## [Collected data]
Content starts
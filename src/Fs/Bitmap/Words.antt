-- ===== src/Fs/Bitmap/Words.antt =====
-- The byte operations of fs/bitmap.c: what setting, clearing and testing one bit do to a byte.
use ece344_os.Prelude.{
  ℕ, zero, suc, ◌+◌, ◌-◌, ◌<◌, bit_and, bit_or, ◌≡◌, refl, inl, inr, Bool, true, false, not, ◌&&◌,
  ◌||◌, arith, ltb, ◌==◌, Option, none, some, Bool-cases, if◌then◌else◌,
}
use ece344_os.Fs.Bitmap.{word_allbits, mask_of, free_offset}

-- How many of the numbers under `bound` fail a test.
failures : (ℕ → Bool) → ℕ → ℕ
failures test zero = 0
failures test (suc bound) =
    let below = failures test bound in if test bound then below else below + 1

passes : (test : ℕ → Bool) (bound x : ℕ) → failures test bound ≡ 0 → x < bound → test x ≡ true
unfolding failures
passes test zero x none_fail small = elim small [ ]
passes test (suc bound) x none_fail small = elim (Bool-cases (test bound)) [
  | inl e ↦ ground (arith, e, none_fail, small, passes test bound x)
  | inr e ↦ ground (arith, e, none_fail)
]

clean : (ℕ → Bool) → ℕ → Bool
clean test bound = failures test bound == 0

clean-at : (test : ℕ → Bool) (bound x : ℕ) → clean test bound ≡ true → x < bound → test x ≡ true
unfolding clean
clean-at test bound x h small = passes test bound x (ground (arith, h)) small

each_offset : (ℕ → Bool) → Bool
each_offset test = clean test 8

each_offset-at : (test : ℕ → Bool) (x : ℕ) → each_offset test ≡ true → x < 8 → test x ≡ true
unfolding each_offset
each_offset-at test x = clean-at test 8 x

each_byte : (ℕ → Bool) → Bool
each_byte test = clean test 256

each_byte-at : (test : ℕ → Bool) (x : ℕ) → each_byte test ≡ true → x < 256 → test x ≡ true
unfolding each_byte
each_byte-at test x = clean-at test 256 x

-- The bit at `offset` of a byte.
unfoldable pub bit : ℕ → ℕ → Bool
bit w offset = not (bit_and w (mask_of offset) == 0)

beq : Bool → Bool → Bool
beq true b = b
beq false b = not b

beq_sound : (a b : Bool) → beq a b ≡ true → a ≡ b
unfolding beq
beq_sound true b h = ground arith
beq_sound false b h = ground arith

-- Setting the bit `o`, seen at the bit `i`.
set_test : ℕ → ℕ → ℕ → Bool
unfolding bit beq
set_test w o i = beq (bit (bit_or w (mask_of o)) i) (i == o || bit w i)

clear_test : ℕ → ℕ → ℕ → Bool
unfolding bit beq
clear_test w o i = beq (bit (bit_and w (word_allbits - mask_of o)) i) (not (i == o) && bit w i)

table : (ℕ → ℕ → ℕ → Bool) → Bool
unfolding each_byte each_offset clean failures
table t = each_byte (λ w. each_offset (λ o. each_offset (t w o)))

table_sound :
    (t : ℕ → ℕ → ℕ → Bool) (w o i : ℕ) → table t ≡ true → w < 256 → o < 8 → i < 8 → t w o i ≡ true
unfolding table
table_sound t w o i h hw ho hi =
    each_offset-at (t w o) i
      (each_offset-at (λ o. each_offset (t w o)) o
        (each_byte-at (λ w. each_offset (λ o. each_offset (t w o))) w h hw) ho)
      hi

set_table : table set_test ≡ true
unfolding table set_test
set_table = refl

clear_table : table clear_test ≡ true
unfolding table clear_test
clear_table = refl

pub bit-set :
    (w o i : ℕ) → w < 256 → o < 8 → i < 8 → bit (bit_or w (mask_of o)) i ≡ (i == o || bit w i)
unfolding set_test
bit-set w o i hw ho hi = beq_sound _ _ (table_sound set_test w o i set_table hw ho hi)

pub bit-clear :
    (w o i : ℕ)
    → w < 256
    → o < 8
    → i < 8
    → bit (bit_and w (word_allbits - mask_of o)) i ≡ (not (i == o) && bit w i)
unfolding clear_test
bit-clear w o i hw ho hi = beq_sound _ _ (table_sound clear_test w o i clear_table hw ho hi)

range_table : each_byte (λ w. each_offset (λ o. ltb (bit_or w (mask_of o)) 256)) ≡ true
unfolding each_byte each_offset clean failures
range_table = refl

pub set-lt : (w o : ℕ) → w < 256 → o < 8 → bit_or w (mask_of o) < 256
set-lt w o hw ho =
    let h =
      each_offset-at (λ o. ltb (bit_or w (mask_of o)) 256) o
        (each_byte-at (λ w. each_offset (λ o. ltb (bit_or w (mask_of o)) 256)) w range_table hw)
        ho in
    ground arith

clear_range_table :
    each_byte (λ w. each_offset (λ o. ltb (bit_and w (word_allbits - mask_of o)) 256)) ≡ true
unfolding each_byte each_offset clean failures
clear_range_table = refl

pub clear-lt : (w o : ℕ) → w < 256 → o < 8 → bit_and w (word_allbits - mask_of o) < 256
clear-lt w o hw ho =
    let h =
      each_offset-at (λ o. ltb (bit_and w (word_allbits - mask_of o)) 256) o
        (each_byte-at (λ w. each_offset (λ o. ltb (bit_and w (word_allbits - mask_of o)) 256)) w
          clear_range_table hw)
        ho in
    ground arith

full_table : each_byte (λ w. w == word_allbits || not (each_offset (bit w))) ≡ true
unfolding each_byte each_offset clean failures bit
full_table = refl

clean-of :
    (test : ℕ → Bool) (bound : ℕ) → ((x : ℕ) → x < bound → test x ≡ true) → clean test bound ≡ true
unfolding clean failures
clean-of test zero all = refl
clean-of test (suc bound) all =
    let here = all bound (omega arith) in
    let below = clean-of test bound (λ x small. all x (omega arith)) in ground (arith, here, below)

-- A byte with all its bits set is 0xff, and the other way round.
pub full_of_bits :
    (w : ℕ) → w < 256 → ((i : ℕ) → i < 8 → bit w i ≡ true) → (w == word_allbits) ≡ true
unfolding each_offset
full_of_bits w hw h = ground (
  arith,
  clean-of (bit w) 8 h,
  each_byte-at (λ w. w == word_allbits || not (each_offset (bit w))) w full_table hw,
)

allbits_table : each_offset (bit word_allbits) ≡ true
unfolding each_byte each_offset clean failures bit
allbits_table = refl

pub bit-allbits : (i : ℕ) → i < 8 → bit word_allbits i ≡ true
bit-allbits i h = each_offset-at (bit word_allbits) i allbits_table h

zero_table : each_offset (λ i. not (bit 0 i)) ≡ true
unfolding each_byte each_offset clean failures bit
zero_table = refl

pub bit-zero : (i : ℕ) → i < 8 → bit 0 i ≡ false
bit-zero i h = ground (arith, each_offset-at (λ i. not (bit 0 i)) i zero_table h)

-- The scan from `j` over `n` offsets meets no clear bit, or stops at the first.
pub data Scan (w j n : ℕ) : Option ℕ → Type 0 where
  full : ((i : ℕ) → i < n → bit w (j + i) ≡ true) → Scan w j n none
  found :
      (k o : ℕ)
      → o ≡ j + k
      → k < n
      → bit w o ≡ false
      → ((i : ℕ) → i < k → bit w (j + i) ≡ true)
      → Scan w j n (some o)

shift :
    (w j : ℕ) (n : ℕ)
    → bit w j ≡ true
    → ((i : ℕ) → i < n → bit w (j + 1 + i) ≡ true)
    → (i : ℕ) → i < suc n
    → bit w (j + i) ≡ true
shift w j n h hs zero hi = rw (let e : j + 0 ≡ j = omega arith in e) h
shift w j n h hs (suc i) hi =
    rw (let e : j + suc i ≡ j + 1 + i = omega arith in e) (hs i (omega arith))

Scan-suc : (w j n : ℕ) (r : Option ℕ) → bit w j ≡ true → Scan w (j + 1) n r → Scan w j (suc n) r
Scan-suc w j n none h (full hs) = full (shift w j n h hs)
Scan-suc w j n (some o) h (found k _ e hk hc hs) =
    found (suc k) o (omega arith) (omega arith) hc (shift w j k h hs)

pub free_offset-Scan : (n j w : ℕ) → Scan w j n (free_offset n j w)
unfolding free_offset bit
free_offset-Scan zero j w = full (λ i h. elim h [ ])
free_offset-Scan (suc n) j w = elim (Bool-cases (bit_and w (mask_of j) == 0)) [
  | inl e ↦ rw e (found 0 j (omega arith) (omega arith) (rw e) (λ i h. elim h [ ]))
  | inr e ↦ rw e (Scan-suc w j n _ (rw e) (free_offset-Scan n (j + 1) w))
]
Content ends
## [Task]
From the records given above, copy all lines containing "found".

## [Response box]
  found :
Scan-suc w j n (some o) h (found k _ e hk hc hs) =
    found (suc k) o (omega arith) (omega arith) hc (shift w j k h hs)
  | inl e ↦ rw e (found 0 j (omega arith) (omega arith) (rw e) (λ i h. elim h [ ]))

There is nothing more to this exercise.